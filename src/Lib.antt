-- ===== src/Lib.antt =====
-- The parts of the claims-processing programs that keep work from being lost, with what is proved of
-- them. A claim is put on a storage queue; a worker of the workflow service takes it, runs the claim
-- workflow, and deletes it, returns it or buries it. Inside a claim, every document goes through the
-- steps of the content pipeline, each with a queue of its own. Both parts, and the agents of the
-- workflow, call language models through a client that trims what it sends and retries, and take
-- their services from a container; the agents talk in a group chat that a coordinator leads. Documents
-- come in as uploads, whose names are cleaned, and are read by the schemas of a set. An HTTP client
-- serves the services.
--
-- Exec is the language of the methods: an action takes the object and gives an outcome, returned or
-- raised, beside the object as it was left. Calls to the outside are logged in the object with their
-- replies, and what replies is an argument, a function of the log and the call, so that a theorem for
-- every such function holds for every behaviour of the storage account, the database and the
-- workflow. Exec/Keeps has the rules for invariants of actions. Dict is the dictionary, and Base has
-- lists, texts and tests. A cancellation is an exception that `except Exception` does not catch.
--
-- QueueService: src/ContentProcessorWorkflow/src/services/queue_service.py.
--   Payload     parse_claim_task_parameters_from_queue_content, _build_task_param
--   State       QueueServiceConfig, ClaimProcessingQueueService, the calls and their log
--   Blobs       _storage_account_name, _cleanup_output_blobs
--   Finalise    _handle_successful_processing, _handle_failed_no_retry
--   Renew       _renew_visibility_loop
--   Process     _process_queue_message, _worker_loop
--   Control     start_service, stop_service, stop_process, stop_worker, _ensure_queues_exist
--   The other files prove: NoLoss that no message is lost, Tracking and Frame what a job leaves of
--   the inflight dictionaries, Survival what leaves a job, Branches, Malformed and Success the calls
--   of each way a message ends, RenewBound the renewals, PayloadLaws the payload, Shutdown the stops.
-- A job and its renewal task interleave at the job's wait for the workflow: the renewals are an
-- argument there, the list of their wake-up times, so the loop is by recursion on that list. The
-- worker's loop runs for the entries of a schedule. Several workers are several runs: a job changes
-- the entries of its own worker only. Times are whole seconds. The flag that the renewals test is not
-- written while they run.
--
-- Pipeline: src/ContentProcessor/src/libs/pipeline.
--   Status          entities/pipeline_status.py, pipeline_step_helper.py, pipeline_step_result.py
--   Handler         pipeline_queue_helper.py, entities/pipeline_data.py, pipeline_file.py
--   Handler/Process queue_handler_base.py, HandlerBase, with utils/base64_util.py
--   Status/Progress, Journey and Results prove how a document comes through the steps; Handler/Calls,
--   Failure, Poison and Safety what becomes of a message.
-- What a step does is a reply: its result or exception, and the document as the step leaves it. The
-- loop over the queue runs for a number of rounds, and ends before only by an exception. A write to
-- the database and the parsing of the creation time for it are one call, which may fail. A message that
-- leaves the queue does so by a deletion, or in a copy that is sent to another queue.
--
-- ClaimWorkflow: src/ContentProcessorWorkflow/src.
--   Repository      repositories/claim_processes.py and model/claim_process.py
--   Run             steps/claim_processor.py, ClaimProcessor.run
--   Ending and Documents prove what a run comes to and how documents are put into a claim.
-- The events of the workflow and the end of their stream are arguments; the loop is by recursion on
-- the events. The base repository is an interface, and a database that answers has the laws of
-- IsWorking.
--
-- ContentProcess: src/ContentProcessorWorkflow/src/services/content_process_service.py, through which
-- the workflow hands its documents to the pipeline.
--   ContentProcess  ContentProcessService with its clients, submit, the reads and poll_status
--   Backed, Resubmit and Polling (with Polling/Log for what the loop leaves in the log) prove what a
--   message on the queue finds, what a second submission does, and how the polling ends.
--   Seconds         the sums of seconds, which are Python's floats
-- The loop of poll_status has its rounds as an argument; poll_status-Polled shows that one for each half
-- of an interval in the timeout, and one more, are enough.
--
-- AppContext: src/ContentProcessorWorkflow/src/libs/application/application_context.py, from which the
-- worker, the executors and the workflow take their services.
--   AppContext      the registration and resolution of services
--   Lifecycle       ServiceScope, create_scope, the disposal of objects and shutdown_async
--   Clients says which code uses a container and what such code keeps; Kept and Singletons prove what
--   stays the same, and Scopes (with Order, Disposal and Failure) how scopes end.
-- Services are named by their type's name, and objects are numbers; what hasattr says of an object is
-- an argument. The error texts of the exceptions are shortened.
--
-- Upload: src/ContentProcessorAPI/app/utils/upload_validation.py.
--   Filename        sanitize_filename
--   Validation      validate_upload_for_processing, get_upload_size_bytes, sniff_mime_type_from_magic
--   Safety proves what the names are like that are let through, Acceptance what the uploads are like.
-- The reads put the position of the file back, which is left out.
--
-- ResponseClient: src/ContentProcessorWorkflow/src/libs/agent_framework/
-- azure_openai_response_retry.py.
--   Truncate        _truncate_text
--   Trim            ContextTrimConfig, the text and role of a message, _trim_messages
--   Errors          _looks_like_rate_limit and its kin
--   Stream          _inner_get_streaming_response
--   Budget and Attempts prove what the trimming keeps to and what the attempts come to.
-- A text is the list of its characters' codes. The loop that drops messages has the number of
-- messages as its fuel, which drop_oldest-ends shows to be enough; the attempts are counted down, as
-- in the source. Messages are values, so a second trimming starts from the messages as they came,
-- where the source has changed a `ChatMessage` in place. Delays are in thousandths of a second, with
-- the random part as an argument. A message is a dictionary or a `ChatMessage`; None and other objects
-- are left out.
--
-- GroupChat: src/ContentProcessorWorkflow/src/libs/agent_framework/groupchat_orchestrator.py.
--   GroupChat       GroupChatOrchestrator, _request_forced_termination
--   SignOffs        _validate_sign_offs
--   Respond         _extract_first_json_payload, _complete_agent_response
--   Tools           the tool calls, their streamed arguments and the usage
--   Stream          _handle_agent_update, run_stream
--   Frame has what an update leaves alone; Rounds, Loops and Gate prove the limits and the guards of a
--   run.
-- The events of the workflow are a list, each with the time since the start. The raw JSON decoder, the
-- case of texts and the reading of a selection are the parameter `Reading`, and json.loads is
-- another. A JSON value is its text. Not modelled: times, the build of a forced result, the result
-- generator, and the exceptions of a run.
--
-- SchemaVault: src/ContentProcessorAPI/app/routers/logics/schemasetvault.py and schemavault.py.
--   SchemaVault     the documents, the interface of a collection and its laws, the calls of the blobs
--   Sets, Schemas   the operations of SchemaSets and Schemas
--   Shelf is what the sets stand for; Refine and Listing prove that the operations keep to it, and
--   what a set lists.
-- The collections of the database are pymongo's, behind app/libs/azure/cosmos_db/helper.py: an
-- interface, whose laws are hypotheses; Tests has one of lists. The calls of the database succeed.
--
-- HttpClient: src/ContentProcessorWorkflow/src/utils/http_request.py.
--   HttpClient      _join_url, HttpResponse.header, _build_headers, request
--   Poll            poll_until_done
--   OAuth           OAuthClientCredentials
--   Accepted and Ends prove what a request returns and that the loop ends.
-- The retries of tenacity are a parameter, with the hypotheses that it only runs the action it is given
-- and returns one of its results. The fuel of the loop is the timeout in milliseconds and two, which
-- is enough where each call takes a millisecond at least. Methods are given in upper case, and the
-- seconds of a token are not negative and give a date.
--
-- DocumentProcess: src/ContentProcessorWorkflow/src/steps/document_process/executor/
-- document_process_executor.py.
--   DocumentProcess the part of _generate_claim_process_name under the lock, and
--                   _load_document_type_sidecar after the JSON is read
--   Tasks           the tasks of handle_execute, a step for each await that another task may see:
--                   the semaphore, the lock, the read and the write of the claim
--   Naming, Types, Lock, Occupancy, Finished and Progress prove what comes of them.
-- A time is the number of its digits. What the calls reply is left to the step, since the submission and
-- the polling loop are modelled with ContentProcess and the claim document with ClaimWorkflow. Not
-- modelled: the downloads of the files, whose failures are those of a task, the results that are sent
-- on, cancellations, and the status of the claim that ClaimProcessor.run writes meanwhile.
--
-- Parameters, for code that is not in the repository: the base repository, the JSON, base64 and UTF-8
-- decoders, the normalization of Unicode, the text that the agent framework gives for a message and
-- the parent's stream; and the steps and the workflow, which are not modelled.
--
-- Not modelled: logging, spans and status reports, which change nothing; the responses that are not
-- streamed, whose retries are the tenacity package's; the steps of the pipeline and the executors of
-- the workflow, but for the processing of documents above; the web interfaces, which are routes over
-- the same stores, but for the validation of uploads and the schemas; the agents' prompts.
pub mod Base
pub mod Exec
pub mod Dict
pub mod QueueService
pub mod Pipeline
pub mod ResponseClient
pub mod SchemaVault
pub mod HttpClient
pub mod ClaimWorkflow
pub mod Upload
pub mod ContentProcess
pub mod DocumentProcess
pub mod AppContext
pub mod GroupChat
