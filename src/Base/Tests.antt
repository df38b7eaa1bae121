-- ===== src/Base/Tests.antt =====
-- Boolean tests, and the conditional expression of Python.
use Prim.Native.Nat.{ℕ, compare, Ordering}
use Prim.Native.String.{String}
use mathlib.Core.Path.{◌≡◌, refl}
use mathlib.Core.Logic.{◌↔◌, ◌⊎◌, inl, inr}
use mathlib.Core.Bool.{Bool, true, false, ◌&&◌}
use mathlib.Core.Option.{Option, none, some}
use native.Mathlib.Omega.{arith}
use text.Mathlib.Text.{◌==◌ as string_beq}
use text.Mathlib.TextEquality.{eq_iff}

abbrev pub ltb : ℕ → ℕ → Bool
ltb a b = elim (compare a b) [ Ordering.lt ↦ true | _ ↦ false ]

abbrev pub leb : ℕ → ℕ → Bool
leb a b = elim (compare a b) [ Ordering.gt ↦ false | _ ↦ true ]

abbrev pub eqb : ℕ → ℕ → Bool
eqb a b = elim (compare a b) [ Ordering.eq ↦ true | _ ↦ false ]

pub eqb_iff : (a b : ℕ) → (eqb a b ≡ true) ↔ (a ≡ b)
eqb_iff a b = ground arith

infix 1 if◌then◌else◌
abbrev pub if◌then◌else◌ {ℓ} : {A : Type ℓ} → Bool → A → A → A
if true then x else y = x
if false then x else y = y

-- Keys and texts that the code compares by `==`.
pub record Key {ℓ} (A : Type ℓ) : Type ℓ where
  pub same : A → A → Bool
  pub same_iff : (x y : A) → (same x y ≡ true) ↔ (x ≡ y)

instance abbrev pub string_key : Key String
string_key = record { same = string_beq; same_iff = eq_iff }

instance abbrev pub nat_key : Key ℕ
nat_key = record { same = eqb; same_iff = eqb_iff }

module _ {ℓ} {A : Type ℓ} ⦃e : Key A⦄ where
  infix 50 ◌==◌
  abbrev pub ◌==◌ : A → A → Bool
  x == y = e.same x y

pub Bool-cases : (b : Bool) → (b ≡ true) ⊎ (b ≡ false)
Bool-cases true = inl refl
Bool-cases false = inr refl

pub Option-cases {ℓ} : {A : Type ℓ} (o : Option A) → (o ≡ none) ⊎ ((a : A) × (o ≡ some a))
Option-cases none = inl refl
Option-cases (some a) = inr (a, refl)

-- Pairs are compared part by part.
pub pair_iff {ℓ κ} :
    {A : Type ℓ} {B : Type κ} ⦃d : Key A⦄ ⦃e : Key B⦄ (x y : A × B)
    → (d.same x.0 y.0 && e.same x.1 y.1 ≡ true) ↔ (x ≡ y)
pair_iff ⦃d⦄ ⦃e⦄ (a, b) (a', b') = ground (arith, d.same_iff a a', e.same_iff b b')

instance abbrev pub pair_key {ℓ κ} : {A : Type ℓ} {B : Type κ} ⦃d : Key A⦄ ⦃e : Key B⦄ → Key (A × B)
pair_key ⦃d⦄ ⦃e⦄ = record { same = λ x y. d.same x.0 y.0 && e.same x.1 y.1; same_iff = pair_iff }
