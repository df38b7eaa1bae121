-- ===== src/Base/Lists.antt =====
-- Lists measured by native numbers, under the library's names.
use Prim.Native.Nat.{ℕ, zero, suc, ◌+◌, ◌-◌, min}
use mathlib.Core.Path.{◌≡◌, refl, ◌∙◌}
use mathlib.Core.Logic.{inl, inr}
use mathlib.Core.Bool.{Bool, false, ◌||◌}
use mathlib.Core.List.{List, [], ◌∷◌, ◌++◌, reverse, reverse-cons}
use native.Mathlib.Omega.{arith}
use claimsintelligence.Base.Tests.{if◌then◌else◌, Key, ◌==◌, Bool-cases}

module _ {ℓ} {A : Type ℓ} where
  abbrev pub length : List A → ℕ
  length [] = 0
  length (x ∷ xs) = suc (length xs)

  abbrev pub take : ℕ → List A → List A
  take zero xs = []
  take (suc n) [] = []
  take (suc n) (x ∷ xs) = x ∷ take n xs

  abbrev pub drop : ℕ → List A → List A
  drop zero xs = xs
  drop (suc n) [] = []
  drop (suc n) (x ∷ xs) = drop n xs

  -- xs[-n:] for 0 < n
  abbrev pub last_n : ℕ → List A → List A
  last_n n xs = drop (length xs - n) xs

  -- [x for x in xs if p(x)]
  unfoldable pub select : (A → Bool) → List A → List A
  select p [] = []
  select p (x ∷ xs) = let rest = select p xs in if p x then x ∷ rest else rest

  abbrev pub All {κ} : (A → Type κ) → List A → Type κ
  All P [] = Unit
  All P (x ∷ xs) = P x × All P xs

  pub length-append : (xs ys : List A) → length (xs ++ ys) ≡ length xs + length ys
  length-append [] ys = omega arith
  length-append (x ∷ xs) ys = omega (arith, length-append xs ys)

  pub length-take : (n : ℕ) (xs : List A) → length (take n xs) ≡ min n (length xs)
  length-take zero xs = omega arith
  length-take (suc n) [] = omega arith
  length-take (suc n) (x ∷ xs) = omega (arith, length-take n xs)

  pub length-drop : (n : ℕ) (xs : List A) → length (drop n xs) ≡ length xs - n
  length-drop zero xs = omega arith
  length-drop (suc n) [] = omega arith
  length-drop (suc n) (x ∷ xs) = omega (arith, length-drop n xs)

  All-append {κ} : (P : A → Type κ) (xs ys : List A) → All P xs → All P ys → All P (xs ++ ys)
  All-append P [] ys h k = k
  All-append P (x ∷ xs) ys h k = (h.0, All-append P xs ys h.1 k)

  pub All-reverse {κ} : (P : A → Type κ) (xs : List A) → All P xs → All P (reverse xs)
  All-reverse P [] h = tt
  All-reverse P (x ∷ xs) h =
      rw (reverse-cons x xs) (All-append P (reverse xs) (x ∷ []) (All-reverse P xs h.1) (h.0, tt))

-- k in xs, xs.discard(k) and xs.add(k) of a set kept as a list
module _ {ℓ} {A : Type ℓ} ⦃e : Key A⦄ where
  unfoldable pub member : A → List A → Bool
  member k [] = false
  member k (x ∷ xs) = k == x || member k xs

  unfoldable pub discard : A → List A → List A
  discard k [] = []
  discard k (x ∷ xs) = let rest = discard k xs in if x == k then rest else x ∷ rest

  unfoldable pub add : A → List A → List A
  unfolding member
  add k xs = if member k xs then xs else xs ++ k ∷ []

  pub member-discard :
      (k j : A) (xs : List A) → member j (discard k xs) ≡ (if k == j then false else member j xs)
  unfolding member discard
  member-discard k j [] = ground arith
  member-discard k j (x ∷ xs) =
      ground (arith, member-discard k j xs, e.same_iff x k, e.same_iff j x, e.same_iff k j)

  member-append : (j : A) (xs ys : List A) → member j (xs ++ ys) ≡ (member j xs || member j ys)
  unfolding member
  member-append j [] ys = refl
  member-append j (x ∷ xs) ys = ground (arith, member-append j xs ys)

  pub member-add : (k j : A) (xs : List A) → member j (add k xs) ≡ (j == k || member j xs)
  unfolding add
  member-add k j xs = elim (Bool-cases (member k xs)) [
    | inl old ↦ rw old (ground (arith, e.same_iff j k))
    | inr new ↦ rw new (member-append j xs (k ∷ []) ∙ ground arith)
  ]
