-- ===== src/Base/Texts.antt =====
-- Native texts, as the code uses them: `str.strip`, truth, `startswith`.
use Prim.Native.Nat.{ℕ, zero, suc, ◌+◌}
use Prim.Native.Char.{Char, code}
use Prim.Native.String.{String, ◌∷◌}
use mathlib.Core.Path.{◌≡◌, refl}
use mathlib.Core.Bool.{Bool, true, false, ◌&&◌, ◌||◌}
use mathlib.Core.Logic.{inl, inr}
use mathlib.Core.Option.{none, some}
use native.Mathlib.Omega.{arith}
use package.text.Mathlib.Text.{find?}
use package.text.Mathlib.TextLemmas.{nil≢cons, tail-eq_of_cons-eq}
use claimsintelligence.Base.Tests.{leb, eqb, if◌then◌else◌, Bool-cases}

-- The characters that `str.strip()` removes.
unfoldable pub is_space : ℕ → Bool
is_space c =
    (leb 9 c && leb c 13)
    || (leb 28 c && leb c 32)
    || eqb c 0x85
    || eqb c 0xa0
    || eqb c 0x1680
    || (leb 0x2000 c && leb c 0x200a)
    || eqb c 0x2028
    || eqb c 0x2029
    || eqb c 0x202f
    || eqb c 0x205f
    || eqb c 0x3000

-- `not s` of a text
abbrev pub is_empty : String → Bool
is_empty String.[] = true
is_empty (c ∷ s) = false

-- s.lstrip(chars), s.rstrip(chars) and s.strip(chars), for the characters that a test names
unfoldable pub lstrip_by : (ℕ → Bool) → String → String
lstrip_by p String.[] = String.[]
lstrip_by p (c ∷ s) = let rest = lstrip_by p s in if p (code c) then rest else c ∷ s

-- A character in front of what is left behind it: it goes only if nothing is.
abbrev pub strip_cons : (ℕ → Bool) → Char → String → String
strip_cons p c String.[] = if p (code c) then String.[] else c ∷ String.[]
strip_cons p c (d ∷ s) = c ∷ d ∷ s

unfoldable pub rstrip_by : (ℕ → Bool) → String → String
rstrip_by p String.[] = String.[]
rstrip_by p (c ∷ s) = strip_cons p c (rstrip_by p s)

unfoldable pub strip_by : (ℕ → Bool) → String → String
unfolding lstrip_by rstrip_by
strip_by p s = lstrip_by p (rstrip_by p s)

-- s.strip()
abbrev pub strip : String → String
strip = strip_by is_space

-- s.split(sep)[0] for a separator that a test names
unfoldable pub before : (ℕ → Bool) → String → String
before p String.[] = String.[]
before p (c ∷ s) = if p (code c) then String.[] else c ∷ before p s

abbrev pub has : (ℕ → Bool) → String → Bool
has p String.[] = false
has p (c ∷ s) = p (code c) || has p s

-- s.split(sep)[-1]
unfoldable pub after_last : (ℕ → Bool) → String → String
after_last p String.[] = String.[]
after_last p (c ∷ s) =
    let rest = after_last p s in if has p s then rest else if p (code c) then s else c ∷ s

-- s[n:]
unfoldable pub skip : ℕ → String → String
skip zero s = s
skip (suc n) String.[] = String.[]
skip (suc n) (c ∷ s) = skip n s

-- s[:n]
unfoldable pub upto : ℕ → String → String
upto zero s = String.[]
upto (suc n) String.[] = String.[]
upto (suc n) (c ∷ s) = c ∷ upto n s

abbrev pub lower_code : ℕ → ℕ
lower_code c = if leb 65 c && leb c 90 then c + 32 else c

-- s.lower() == word, for a lower-case word of ASCII letters without k
unfoldable pub reads_as : String → String → Bool
reads_as String.[] String.[] = true
reads_as String.[] (d ∷ t) = false
reads_as (c ∷ s) String.[] = false
reads_as (c ∷ s) (d ∷ t) = eqb (lower_code (code c)) (code d) && reads_as s t

-- needle in s
abbrev pub contains : String → String → Bool
contains s needle = elim (find? s needle) [ none ↦ false | some i ↦ true ]

-- What is left begins and ends with no stripped character, so to strip again changes nothing.
rstrip_by-head :
    (p : ℕ → Bool) (c : Char) (s : String)
    → p (code c) ≡ false
    → (t : String) × (rstrip_by p (c ∷ s) ≡ c ∷ t)
unfolding rstrip_by
rstrip_by-head p c s h = go (rstrip_by p s)
  where
    go : (r : String) → (t : String) × (strip_cons p c r ≡ c ∷ t)
    go String.[] = (String.[], rw h)
    go (d ∷ r) = (d ∷ r, refl)

rstrip_by-strip_cons :
    (p : ℕ → Bool) (c : Char) (r : String)
    → rstrip_by p r ≡ r
    → rstrip_by p (strip_cons p c r) ≡ strip_cons p c r
unfolding rstrip_by
rstrip_by-strip_cons p c String.[] h = elim (Bool-cases (p (code c))) [
  | inl e ↦ rw e
  | inr e ↦ rw (e, rstrip_by) (rw e)
]
rstrip_by-strip_cons p c (d ∷ r) h = rw h

rstrip_by_idem : (p : ℕ → Bool) (s : String) → rstrip_by p (rstrip_by p s) ≡ rstrip_by p s
unfolding rstrip_by
rstrip_by_idem p String.[] = refl
rstrip_by_idem p (c ∷ s) = rstrip_by-strip_cons p c (rstrip_by p s) (rstrip_by_idem p s)

lstrip_by_idem : (p : ℕ → Bool) (s : String) → lstrip_by p (lstrip_by p s) ≡ lstrip_by p s
unfolding lstrip_by
lstrip_by_idem p String.[] = refl
lstrip_by_idem p (c ∷ s) = ground (arith, lstrip_by_idem p s)

strip_cons-cons : (p : ℕ → Bool) (c : Char) (r s : String) → strip_cons p c r ≡ c ∷ s → r ≡ s
strip_cons-cons p c String.[] s h = elim (Bool-cases (p (code c))) [
  | inl e ↦ absurd (nil≢cons (rw e at h))
  | inr e ↦ tail-eq_of_cons-eq (rw e at h)
]
strip_cons-cons p c (d ∷ r) s h = cc

-- A text that ends in no stripped character still does when its front is stripped.
rstrip_by-lstrip_by :
    (p : ℕ → Bool) (s : String) → rstrip_by p s ≡ s → rstrip_by p (lstrip_by p s) ≡ lstrip_by p s
unfolding rstrip_by lstrip_by
rstrip_by-lstrip_by p String.[] h = refl
rstrip_by-lstrip_by p (c ∷ s) h =
    ground (arith, rstrip_by-lstrip_by p s, strip_cons-cons p c (rstrip_by p s) s h)

pub strip_by_idem : (p : ℕ → Bool) (s : String) → strip_by p (strip_by p s) ≡ strip_by p s
unfolding strip_by
strip_by_idem p s =
    rw (rstrip_by-lstrip_by p (rstrip_by p s) (rstrip_by_idem p s))
      (lstrip_by_idem p (rstrip_by p s))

+ + + + + + +

Copy each line holding "discard" from the material above.

-- k in xs, xs.discard(k) and xs.add(k) of a set kept as a list
  unfoldable pub discard : A → List A → List A
  discard k [] = []
  discard k (x ∷ xs) = let rest = discard k xs in if x == k then rest else x ∷ rest
  pub member-discard :
      (k j : A) (xs : List A) → member j (discard k xs) ≡ (if k == j then false else member j xs)
  unfolding member discard
  member-discard k j [] = ground arith
  member-discard k j (x ∷ xs) =
      ground (arith, member-discard k j xs, e.same_iff x k, e.same_iff j x, e.same_iff k j)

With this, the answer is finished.